[Collected data entries]
• • • • • • •
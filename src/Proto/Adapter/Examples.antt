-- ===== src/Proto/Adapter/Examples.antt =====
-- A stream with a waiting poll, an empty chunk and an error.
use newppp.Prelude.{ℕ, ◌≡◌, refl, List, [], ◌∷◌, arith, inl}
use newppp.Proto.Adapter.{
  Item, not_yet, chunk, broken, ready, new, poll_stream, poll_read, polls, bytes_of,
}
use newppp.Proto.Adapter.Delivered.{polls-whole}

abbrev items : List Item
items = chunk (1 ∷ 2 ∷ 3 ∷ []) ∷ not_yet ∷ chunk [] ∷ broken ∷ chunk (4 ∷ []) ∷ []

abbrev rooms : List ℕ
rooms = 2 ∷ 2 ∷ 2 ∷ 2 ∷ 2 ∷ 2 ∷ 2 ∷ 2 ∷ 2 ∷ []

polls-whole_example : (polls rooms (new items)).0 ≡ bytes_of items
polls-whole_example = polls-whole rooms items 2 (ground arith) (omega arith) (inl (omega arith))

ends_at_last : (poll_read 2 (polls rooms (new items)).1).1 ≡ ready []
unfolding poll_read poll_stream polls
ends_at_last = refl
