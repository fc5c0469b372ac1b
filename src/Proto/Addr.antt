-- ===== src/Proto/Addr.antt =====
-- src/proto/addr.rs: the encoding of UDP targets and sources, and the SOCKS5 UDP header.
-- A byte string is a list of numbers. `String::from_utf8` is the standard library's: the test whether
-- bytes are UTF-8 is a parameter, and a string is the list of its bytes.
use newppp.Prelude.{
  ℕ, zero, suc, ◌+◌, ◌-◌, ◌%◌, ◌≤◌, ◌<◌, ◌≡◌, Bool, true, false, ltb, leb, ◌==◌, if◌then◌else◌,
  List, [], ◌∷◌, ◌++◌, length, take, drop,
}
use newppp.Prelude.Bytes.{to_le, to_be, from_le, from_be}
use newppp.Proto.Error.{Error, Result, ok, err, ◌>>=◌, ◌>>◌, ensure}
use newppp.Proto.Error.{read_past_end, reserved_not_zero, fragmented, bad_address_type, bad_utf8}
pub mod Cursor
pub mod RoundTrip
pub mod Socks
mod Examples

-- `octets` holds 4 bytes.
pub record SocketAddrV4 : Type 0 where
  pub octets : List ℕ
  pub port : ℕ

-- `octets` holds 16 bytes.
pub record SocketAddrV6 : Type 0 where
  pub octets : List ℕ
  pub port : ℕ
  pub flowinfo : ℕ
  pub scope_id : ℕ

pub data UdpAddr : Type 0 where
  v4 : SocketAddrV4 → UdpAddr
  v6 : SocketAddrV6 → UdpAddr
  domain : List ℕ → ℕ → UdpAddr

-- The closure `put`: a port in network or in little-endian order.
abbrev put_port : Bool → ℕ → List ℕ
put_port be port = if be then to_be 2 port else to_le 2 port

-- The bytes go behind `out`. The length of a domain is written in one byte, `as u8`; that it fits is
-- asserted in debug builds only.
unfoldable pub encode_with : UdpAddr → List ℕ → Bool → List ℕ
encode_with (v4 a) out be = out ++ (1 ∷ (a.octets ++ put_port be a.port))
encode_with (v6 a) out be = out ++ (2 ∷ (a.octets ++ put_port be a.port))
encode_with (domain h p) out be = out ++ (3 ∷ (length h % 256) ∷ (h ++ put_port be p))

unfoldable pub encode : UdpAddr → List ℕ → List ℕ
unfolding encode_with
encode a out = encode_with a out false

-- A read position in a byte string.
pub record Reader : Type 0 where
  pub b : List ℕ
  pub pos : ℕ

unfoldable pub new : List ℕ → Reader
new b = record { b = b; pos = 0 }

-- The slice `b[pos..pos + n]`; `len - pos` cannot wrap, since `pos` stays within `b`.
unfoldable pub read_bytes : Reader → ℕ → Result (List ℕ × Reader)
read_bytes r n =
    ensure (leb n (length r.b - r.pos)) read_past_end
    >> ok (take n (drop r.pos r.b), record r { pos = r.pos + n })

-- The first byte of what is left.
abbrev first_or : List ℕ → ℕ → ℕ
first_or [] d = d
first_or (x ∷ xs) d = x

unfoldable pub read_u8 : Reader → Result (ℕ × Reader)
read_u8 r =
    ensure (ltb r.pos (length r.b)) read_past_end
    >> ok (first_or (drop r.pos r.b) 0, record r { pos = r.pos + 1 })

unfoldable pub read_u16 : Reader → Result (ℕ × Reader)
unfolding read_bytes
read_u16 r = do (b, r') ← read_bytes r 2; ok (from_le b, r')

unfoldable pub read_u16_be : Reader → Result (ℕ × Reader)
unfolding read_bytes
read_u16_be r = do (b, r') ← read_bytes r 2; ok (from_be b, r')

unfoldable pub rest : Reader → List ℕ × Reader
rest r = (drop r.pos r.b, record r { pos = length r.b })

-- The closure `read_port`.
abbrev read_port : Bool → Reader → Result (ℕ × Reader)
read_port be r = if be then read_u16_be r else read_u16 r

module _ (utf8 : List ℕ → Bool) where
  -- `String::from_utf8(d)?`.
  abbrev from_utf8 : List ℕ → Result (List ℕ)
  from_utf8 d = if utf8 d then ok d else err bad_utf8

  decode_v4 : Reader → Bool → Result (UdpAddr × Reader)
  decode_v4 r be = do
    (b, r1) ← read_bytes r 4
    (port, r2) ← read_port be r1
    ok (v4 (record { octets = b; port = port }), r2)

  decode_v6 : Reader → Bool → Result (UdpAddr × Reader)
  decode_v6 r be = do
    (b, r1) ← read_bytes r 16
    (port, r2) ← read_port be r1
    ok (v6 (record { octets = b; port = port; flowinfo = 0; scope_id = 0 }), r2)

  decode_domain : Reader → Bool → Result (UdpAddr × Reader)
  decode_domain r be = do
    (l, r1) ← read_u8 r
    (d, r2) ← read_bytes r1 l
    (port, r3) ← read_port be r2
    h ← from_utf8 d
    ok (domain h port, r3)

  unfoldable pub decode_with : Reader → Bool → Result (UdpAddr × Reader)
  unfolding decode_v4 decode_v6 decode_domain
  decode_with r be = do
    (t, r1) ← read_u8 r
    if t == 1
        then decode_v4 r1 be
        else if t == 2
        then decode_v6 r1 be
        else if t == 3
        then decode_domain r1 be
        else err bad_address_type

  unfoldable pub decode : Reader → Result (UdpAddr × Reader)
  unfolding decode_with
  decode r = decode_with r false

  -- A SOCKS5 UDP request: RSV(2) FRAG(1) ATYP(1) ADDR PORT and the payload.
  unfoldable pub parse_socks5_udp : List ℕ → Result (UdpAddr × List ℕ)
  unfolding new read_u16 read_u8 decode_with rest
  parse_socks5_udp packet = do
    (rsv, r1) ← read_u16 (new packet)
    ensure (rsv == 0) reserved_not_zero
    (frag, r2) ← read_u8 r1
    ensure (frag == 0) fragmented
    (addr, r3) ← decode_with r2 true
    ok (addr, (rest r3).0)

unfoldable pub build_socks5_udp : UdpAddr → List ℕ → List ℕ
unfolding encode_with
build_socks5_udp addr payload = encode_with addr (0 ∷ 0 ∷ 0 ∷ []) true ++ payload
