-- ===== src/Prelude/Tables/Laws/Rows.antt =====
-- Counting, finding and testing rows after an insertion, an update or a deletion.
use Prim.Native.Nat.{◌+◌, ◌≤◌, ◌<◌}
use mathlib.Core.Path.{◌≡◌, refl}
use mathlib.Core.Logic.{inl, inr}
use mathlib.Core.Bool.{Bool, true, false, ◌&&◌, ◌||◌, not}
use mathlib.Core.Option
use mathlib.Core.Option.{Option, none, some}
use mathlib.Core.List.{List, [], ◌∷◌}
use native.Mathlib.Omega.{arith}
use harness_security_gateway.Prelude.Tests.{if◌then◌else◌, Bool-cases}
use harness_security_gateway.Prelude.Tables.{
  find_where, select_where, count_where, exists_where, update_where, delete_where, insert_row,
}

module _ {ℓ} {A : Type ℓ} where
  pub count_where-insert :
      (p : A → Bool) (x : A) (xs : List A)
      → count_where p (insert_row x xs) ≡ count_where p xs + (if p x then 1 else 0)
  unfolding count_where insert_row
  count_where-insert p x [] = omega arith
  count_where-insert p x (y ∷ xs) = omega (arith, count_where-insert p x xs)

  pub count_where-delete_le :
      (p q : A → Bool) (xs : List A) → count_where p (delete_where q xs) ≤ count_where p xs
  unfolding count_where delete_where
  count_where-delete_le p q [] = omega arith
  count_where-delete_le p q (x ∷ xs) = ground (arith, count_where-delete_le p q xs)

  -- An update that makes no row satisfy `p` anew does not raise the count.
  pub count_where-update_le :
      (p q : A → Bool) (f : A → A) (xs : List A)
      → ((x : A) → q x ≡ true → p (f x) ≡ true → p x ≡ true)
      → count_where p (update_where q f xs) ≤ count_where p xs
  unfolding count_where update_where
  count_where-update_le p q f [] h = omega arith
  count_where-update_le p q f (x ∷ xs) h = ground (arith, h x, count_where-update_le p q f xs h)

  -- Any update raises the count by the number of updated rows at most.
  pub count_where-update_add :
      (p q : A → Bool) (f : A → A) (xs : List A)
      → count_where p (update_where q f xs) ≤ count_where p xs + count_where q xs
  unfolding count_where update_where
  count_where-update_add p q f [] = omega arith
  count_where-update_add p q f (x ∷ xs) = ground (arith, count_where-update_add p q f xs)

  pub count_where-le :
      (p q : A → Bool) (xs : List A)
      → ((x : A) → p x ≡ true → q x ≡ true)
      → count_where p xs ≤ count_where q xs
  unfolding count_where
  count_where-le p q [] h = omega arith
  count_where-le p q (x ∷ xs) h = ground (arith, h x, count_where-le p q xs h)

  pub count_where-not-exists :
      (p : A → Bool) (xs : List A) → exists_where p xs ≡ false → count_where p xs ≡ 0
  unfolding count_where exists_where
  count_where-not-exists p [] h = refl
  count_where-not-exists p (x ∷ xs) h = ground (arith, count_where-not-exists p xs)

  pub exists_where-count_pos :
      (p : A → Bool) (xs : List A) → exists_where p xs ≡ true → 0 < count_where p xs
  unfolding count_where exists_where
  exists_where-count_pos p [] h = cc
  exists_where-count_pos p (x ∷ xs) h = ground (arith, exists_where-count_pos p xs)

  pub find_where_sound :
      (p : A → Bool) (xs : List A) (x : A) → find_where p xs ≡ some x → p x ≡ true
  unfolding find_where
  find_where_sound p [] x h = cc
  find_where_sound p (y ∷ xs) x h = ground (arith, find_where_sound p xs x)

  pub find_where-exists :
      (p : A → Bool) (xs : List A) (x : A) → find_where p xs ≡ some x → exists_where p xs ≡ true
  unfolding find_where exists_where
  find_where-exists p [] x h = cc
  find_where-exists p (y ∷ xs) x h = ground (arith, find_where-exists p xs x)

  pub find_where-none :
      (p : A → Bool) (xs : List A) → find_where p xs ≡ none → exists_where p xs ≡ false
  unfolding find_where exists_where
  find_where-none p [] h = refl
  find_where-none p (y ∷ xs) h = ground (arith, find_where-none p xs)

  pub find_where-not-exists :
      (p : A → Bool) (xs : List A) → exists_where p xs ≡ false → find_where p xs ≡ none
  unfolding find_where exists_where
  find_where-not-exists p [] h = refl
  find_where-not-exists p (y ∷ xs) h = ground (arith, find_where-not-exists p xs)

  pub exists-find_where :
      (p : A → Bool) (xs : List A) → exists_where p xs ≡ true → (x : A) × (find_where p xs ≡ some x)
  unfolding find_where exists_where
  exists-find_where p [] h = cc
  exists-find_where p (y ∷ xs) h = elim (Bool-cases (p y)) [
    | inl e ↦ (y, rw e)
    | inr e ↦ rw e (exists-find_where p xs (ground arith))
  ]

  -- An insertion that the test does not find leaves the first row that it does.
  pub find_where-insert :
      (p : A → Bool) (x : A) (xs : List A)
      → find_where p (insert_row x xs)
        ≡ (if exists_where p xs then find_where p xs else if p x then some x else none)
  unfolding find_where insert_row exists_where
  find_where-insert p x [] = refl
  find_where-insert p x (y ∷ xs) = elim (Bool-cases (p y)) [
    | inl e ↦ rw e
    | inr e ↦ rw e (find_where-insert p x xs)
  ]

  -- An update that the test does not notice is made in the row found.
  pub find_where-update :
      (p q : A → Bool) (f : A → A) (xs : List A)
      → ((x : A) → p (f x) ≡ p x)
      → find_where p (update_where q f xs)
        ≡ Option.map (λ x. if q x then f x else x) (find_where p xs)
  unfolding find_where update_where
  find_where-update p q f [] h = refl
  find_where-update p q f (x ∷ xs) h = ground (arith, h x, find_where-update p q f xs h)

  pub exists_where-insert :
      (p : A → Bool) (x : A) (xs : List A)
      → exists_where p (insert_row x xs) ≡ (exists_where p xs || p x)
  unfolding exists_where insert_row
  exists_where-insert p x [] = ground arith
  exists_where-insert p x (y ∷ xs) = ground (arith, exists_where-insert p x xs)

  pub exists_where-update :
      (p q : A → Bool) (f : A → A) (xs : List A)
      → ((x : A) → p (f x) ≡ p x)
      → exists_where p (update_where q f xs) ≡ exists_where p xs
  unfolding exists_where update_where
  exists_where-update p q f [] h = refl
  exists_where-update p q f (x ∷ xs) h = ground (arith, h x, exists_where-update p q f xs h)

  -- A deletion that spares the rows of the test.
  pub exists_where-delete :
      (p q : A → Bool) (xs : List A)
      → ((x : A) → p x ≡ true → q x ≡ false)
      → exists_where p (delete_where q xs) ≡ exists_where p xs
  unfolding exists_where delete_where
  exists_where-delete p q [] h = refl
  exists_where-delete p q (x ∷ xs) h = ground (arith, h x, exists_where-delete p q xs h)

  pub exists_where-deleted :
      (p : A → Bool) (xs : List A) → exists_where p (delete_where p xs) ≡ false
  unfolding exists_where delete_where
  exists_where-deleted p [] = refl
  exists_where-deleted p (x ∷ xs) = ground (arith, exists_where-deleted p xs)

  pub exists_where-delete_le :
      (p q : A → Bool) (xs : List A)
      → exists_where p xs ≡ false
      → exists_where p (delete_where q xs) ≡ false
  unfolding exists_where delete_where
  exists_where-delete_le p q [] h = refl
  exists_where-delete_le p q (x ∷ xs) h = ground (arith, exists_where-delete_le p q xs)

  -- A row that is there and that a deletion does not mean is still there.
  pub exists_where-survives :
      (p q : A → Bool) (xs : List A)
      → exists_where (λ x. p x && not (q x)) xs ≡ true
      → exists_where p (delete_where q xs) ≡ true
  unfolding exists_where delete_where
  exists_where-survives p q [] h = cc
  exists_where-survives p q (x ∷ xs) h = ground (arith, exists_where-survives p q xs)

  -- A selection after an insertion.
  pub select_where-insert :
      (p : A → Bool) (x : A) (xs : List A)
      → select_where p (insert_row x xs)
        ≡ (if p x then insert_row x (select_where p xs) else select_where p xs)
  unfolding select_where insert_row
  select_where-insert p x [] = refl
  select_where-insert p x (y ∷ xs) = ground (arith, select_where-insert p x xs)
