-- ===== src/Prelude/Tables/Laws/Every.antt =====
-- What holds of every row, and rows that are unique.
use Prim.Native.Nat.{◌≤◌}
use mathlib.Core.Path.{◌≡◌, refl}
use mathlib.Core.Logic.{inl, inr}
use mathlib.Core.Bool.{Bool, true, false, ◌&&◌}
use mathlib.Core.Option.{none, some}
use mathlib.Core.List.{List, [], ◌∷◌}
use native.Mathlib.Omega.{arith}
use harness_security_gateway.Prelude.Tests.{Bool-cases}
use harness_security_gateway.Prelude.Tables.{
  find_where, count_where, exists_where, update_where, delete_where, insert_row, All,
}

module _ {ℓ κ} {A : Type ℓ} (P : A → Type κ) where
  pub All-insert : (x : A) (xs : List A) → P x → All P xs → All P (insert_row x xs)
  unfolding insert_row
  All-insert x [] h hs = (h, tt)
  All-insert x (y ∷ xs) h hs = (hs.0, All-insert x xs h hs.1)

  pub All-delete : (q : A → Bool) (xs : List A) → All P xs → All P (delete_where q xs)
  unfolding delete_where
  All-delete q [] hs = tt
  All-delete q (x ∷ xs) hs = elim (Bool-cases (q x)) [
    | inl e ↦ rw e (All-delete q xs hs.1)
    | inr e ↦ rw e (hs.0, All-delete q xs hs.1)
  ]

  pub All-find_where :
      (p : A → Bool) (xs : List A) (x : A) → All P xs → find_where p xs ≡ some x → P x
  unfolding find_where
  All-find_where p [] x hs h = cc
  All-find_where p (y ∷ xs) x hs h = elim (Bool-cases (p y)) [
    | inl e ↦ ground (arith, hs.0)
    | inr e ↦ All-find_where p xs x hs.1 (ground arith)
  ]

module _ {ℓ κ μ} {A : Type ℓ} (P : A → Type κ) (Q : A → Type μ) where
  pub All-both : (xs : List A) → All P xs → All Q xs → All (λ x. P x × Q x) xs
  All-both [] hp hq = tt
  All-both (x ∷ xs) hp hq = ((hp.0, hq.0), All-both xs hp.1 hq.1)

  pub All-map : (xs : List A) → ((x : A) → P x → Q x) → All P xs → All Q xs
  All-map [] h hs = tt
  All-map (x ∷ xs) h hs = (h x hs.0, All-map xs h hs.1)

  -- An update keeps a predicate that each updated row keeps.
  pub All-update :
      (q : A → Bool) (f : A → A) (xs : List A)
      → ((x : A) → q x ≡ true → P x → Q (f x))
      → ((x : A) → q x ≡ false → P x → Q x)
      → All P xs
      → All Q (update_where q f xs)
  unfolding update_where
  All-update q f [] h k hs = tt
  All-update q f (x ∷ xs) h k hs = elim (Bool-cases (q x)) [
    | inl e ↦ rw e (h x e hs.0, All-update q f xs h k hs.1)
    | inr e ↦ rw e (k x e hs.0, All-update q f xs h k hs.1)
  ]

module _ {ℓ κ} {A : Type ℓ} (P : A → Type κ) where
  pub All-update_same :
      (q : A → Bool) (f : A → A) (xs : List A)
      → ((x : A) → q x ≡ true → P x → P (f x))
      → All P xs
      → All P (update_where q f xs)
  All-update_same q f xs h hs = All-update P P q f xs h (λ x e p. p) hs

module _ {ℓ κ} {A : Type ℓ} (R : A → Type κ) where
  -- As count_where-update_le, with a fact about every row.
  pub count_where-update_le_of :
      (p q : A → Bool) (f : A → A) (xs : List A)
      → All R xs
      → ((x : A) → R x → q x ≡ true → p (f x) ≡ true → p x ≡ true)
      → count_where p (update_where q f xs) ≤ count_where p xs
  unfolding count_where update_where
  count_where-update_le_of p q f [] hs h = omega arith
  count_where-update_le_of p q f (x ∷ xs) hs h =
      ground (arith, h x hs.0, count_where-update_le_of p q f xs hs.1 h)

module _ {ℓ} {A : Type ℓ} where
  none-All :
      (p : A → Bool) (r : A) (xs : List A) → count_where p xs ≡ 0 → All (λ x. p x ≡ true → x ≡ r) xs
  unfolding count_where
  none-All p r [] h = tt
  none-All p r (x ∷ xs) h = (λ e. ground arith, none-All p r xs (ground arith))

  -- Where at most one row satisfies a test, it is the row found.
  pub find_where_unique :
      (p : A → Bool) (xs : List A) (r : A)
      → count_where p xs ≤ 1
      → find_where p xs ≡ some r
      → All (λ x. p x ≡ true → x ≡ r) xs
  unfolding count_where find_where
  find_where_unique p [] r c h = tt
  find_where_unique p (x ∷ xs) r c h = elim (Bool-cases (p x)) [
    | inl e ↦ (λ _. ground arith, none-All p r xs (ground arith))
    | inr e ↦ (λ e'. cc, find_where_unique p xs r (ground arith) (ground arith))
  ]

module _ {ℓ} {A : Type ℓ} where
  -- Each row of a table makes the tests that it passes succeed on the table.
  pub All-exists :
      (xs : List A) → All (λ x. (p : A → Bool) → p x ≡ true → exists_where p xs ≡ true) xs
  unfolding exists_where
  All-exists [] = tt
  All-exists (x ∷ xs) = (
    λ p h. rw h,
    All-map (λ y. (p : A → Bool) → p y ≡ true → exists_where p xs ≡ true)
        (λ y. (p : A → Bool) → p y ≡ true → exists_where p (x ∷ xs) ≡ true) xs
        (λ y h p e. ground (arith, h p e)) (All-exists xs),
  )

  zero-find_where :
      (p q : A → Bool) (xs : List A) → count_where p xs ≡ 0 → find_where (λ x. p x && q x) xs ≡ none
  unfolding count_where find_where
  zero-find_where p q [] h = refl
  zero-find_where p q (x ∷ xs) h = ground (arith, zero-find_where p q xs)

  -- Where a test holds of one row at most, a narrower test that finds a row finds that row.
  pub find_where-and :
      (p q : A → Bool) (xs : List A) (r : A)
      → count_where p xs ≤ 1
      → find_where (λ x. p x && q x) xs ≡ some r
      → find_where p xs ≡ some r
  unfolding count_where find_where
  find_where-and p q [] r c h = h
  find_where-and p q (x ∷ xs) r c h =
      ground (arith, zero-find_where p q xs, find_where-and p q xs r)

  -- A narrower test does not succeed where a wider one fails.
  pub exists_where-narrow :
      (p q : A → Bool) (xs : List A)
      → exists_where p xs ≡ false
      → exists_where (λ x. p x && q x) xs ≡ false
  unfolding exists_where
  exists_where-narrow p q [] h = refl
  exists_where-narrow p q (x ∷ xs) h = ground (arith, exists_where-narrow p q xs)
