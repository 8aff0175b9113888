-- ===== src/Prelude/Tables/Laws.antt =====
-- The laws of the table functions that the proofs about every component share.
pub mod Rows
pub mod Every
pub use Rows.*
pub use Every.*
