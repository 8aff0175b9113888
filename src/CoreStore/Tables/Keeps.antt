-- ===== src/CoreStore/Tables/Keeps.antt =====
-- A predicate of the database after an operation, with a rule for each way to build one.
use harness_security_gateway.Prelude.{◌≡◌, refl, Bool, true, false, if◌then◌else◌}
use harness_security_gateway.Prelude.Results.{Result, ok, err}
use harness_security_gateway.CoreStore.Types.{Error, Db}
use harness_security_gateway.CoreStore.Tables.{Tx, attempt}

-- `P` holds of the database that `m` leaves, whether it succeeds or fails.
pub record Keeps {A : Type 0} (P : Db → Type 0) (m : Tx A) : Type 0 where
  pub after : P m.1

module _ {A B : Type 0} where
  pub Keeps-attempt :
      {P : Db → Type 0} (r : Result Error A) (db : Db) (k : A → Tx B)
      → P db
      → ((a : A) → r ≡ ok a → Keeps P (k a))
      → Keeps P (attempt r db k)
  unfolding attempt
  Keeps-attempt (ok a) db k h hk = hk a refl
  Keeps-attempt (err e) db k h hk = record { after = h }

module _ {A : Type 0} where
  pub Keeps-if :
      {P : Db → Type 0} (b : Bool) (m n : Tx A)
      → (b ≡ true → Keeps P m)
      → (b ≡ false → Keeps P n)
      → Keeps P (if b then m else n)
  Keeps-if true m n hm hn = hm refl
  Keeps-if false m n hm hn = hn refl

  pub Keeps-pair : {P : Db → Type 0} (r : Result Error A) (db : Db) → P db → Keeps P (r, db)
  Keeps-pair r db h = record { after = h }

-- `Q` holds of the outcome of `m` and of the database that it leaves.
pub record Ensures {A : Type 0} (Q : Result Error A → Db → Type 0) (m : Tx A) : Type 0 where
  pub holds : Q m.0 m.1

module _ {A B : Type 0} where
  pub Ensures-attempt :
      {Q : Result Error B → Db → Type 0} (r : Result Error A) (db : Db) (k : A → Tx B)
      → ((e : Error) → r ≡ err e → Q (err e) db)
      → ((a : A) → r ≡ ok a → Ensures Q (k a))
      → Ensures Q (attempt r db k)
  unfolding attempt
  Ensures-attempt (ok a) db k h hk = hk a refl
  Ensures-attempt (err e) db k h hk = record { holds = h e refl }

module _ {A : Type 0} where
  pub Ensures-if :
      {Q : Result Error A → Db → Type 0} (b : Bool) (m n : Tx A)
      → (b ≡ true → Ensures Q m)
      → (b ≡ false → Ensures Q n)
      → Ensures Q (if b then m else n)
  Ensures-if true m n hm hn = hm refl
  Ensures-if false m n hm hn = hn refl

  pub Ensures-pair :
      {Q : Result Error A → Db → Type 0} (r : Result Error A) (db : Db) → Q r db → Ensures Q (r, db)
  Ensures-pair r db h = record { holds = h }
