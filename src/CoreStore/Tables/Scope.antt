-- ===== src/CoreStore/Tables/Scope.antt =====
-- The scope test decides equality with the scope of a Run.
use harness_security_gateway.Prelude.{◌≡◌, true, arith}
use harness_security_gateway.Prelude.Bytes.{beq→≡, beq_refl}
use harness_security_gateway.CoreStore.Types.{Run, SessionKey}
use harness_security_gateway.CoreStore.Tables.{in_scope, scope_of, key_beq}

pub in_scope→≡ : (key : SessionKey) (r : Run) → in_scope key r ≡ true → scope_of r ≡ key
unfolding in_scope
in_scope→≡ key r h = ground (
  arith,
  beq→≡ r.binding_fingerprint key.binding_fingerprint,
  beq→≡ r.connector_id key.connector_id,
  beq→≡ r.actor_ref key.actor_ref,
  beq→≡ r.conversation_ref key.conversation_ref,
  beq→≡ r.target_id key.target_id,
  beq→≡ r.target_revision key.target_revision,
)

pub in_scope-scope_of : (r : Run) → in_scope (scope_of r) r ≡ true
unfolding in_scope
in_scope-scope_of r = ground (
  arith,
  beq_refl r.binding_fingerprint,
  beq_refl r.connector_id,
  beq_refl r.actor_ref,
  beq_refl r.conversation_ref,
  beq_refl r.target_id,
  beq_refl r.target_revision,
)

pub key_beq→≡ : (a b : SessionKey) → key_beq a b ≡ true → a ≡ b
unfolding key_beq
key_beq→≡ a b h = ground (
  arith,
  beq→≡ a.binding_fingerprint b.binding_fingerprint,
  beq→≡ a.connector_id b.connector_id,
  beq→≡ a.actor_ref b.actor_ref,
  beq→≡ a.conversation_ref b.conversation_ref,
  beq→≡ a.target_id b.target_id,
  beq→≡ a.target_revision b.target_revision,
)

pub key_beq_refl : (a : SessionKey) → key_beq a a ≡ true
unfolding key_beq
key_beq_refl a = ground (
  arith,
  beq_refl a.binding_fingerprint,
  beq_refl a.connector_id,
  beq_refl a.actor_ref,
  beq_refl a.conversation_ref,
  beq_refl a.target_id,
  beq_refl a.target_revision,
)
• • • • • • •
PROMPT — Every line in the data above that contains the word "fails" should be copied.

EXERCISE OUTPUT —
  -- A narrower test does not succeed where a wider one fails.
-- `P` holds of the database that `m` leaves, whether it succeeds or fails.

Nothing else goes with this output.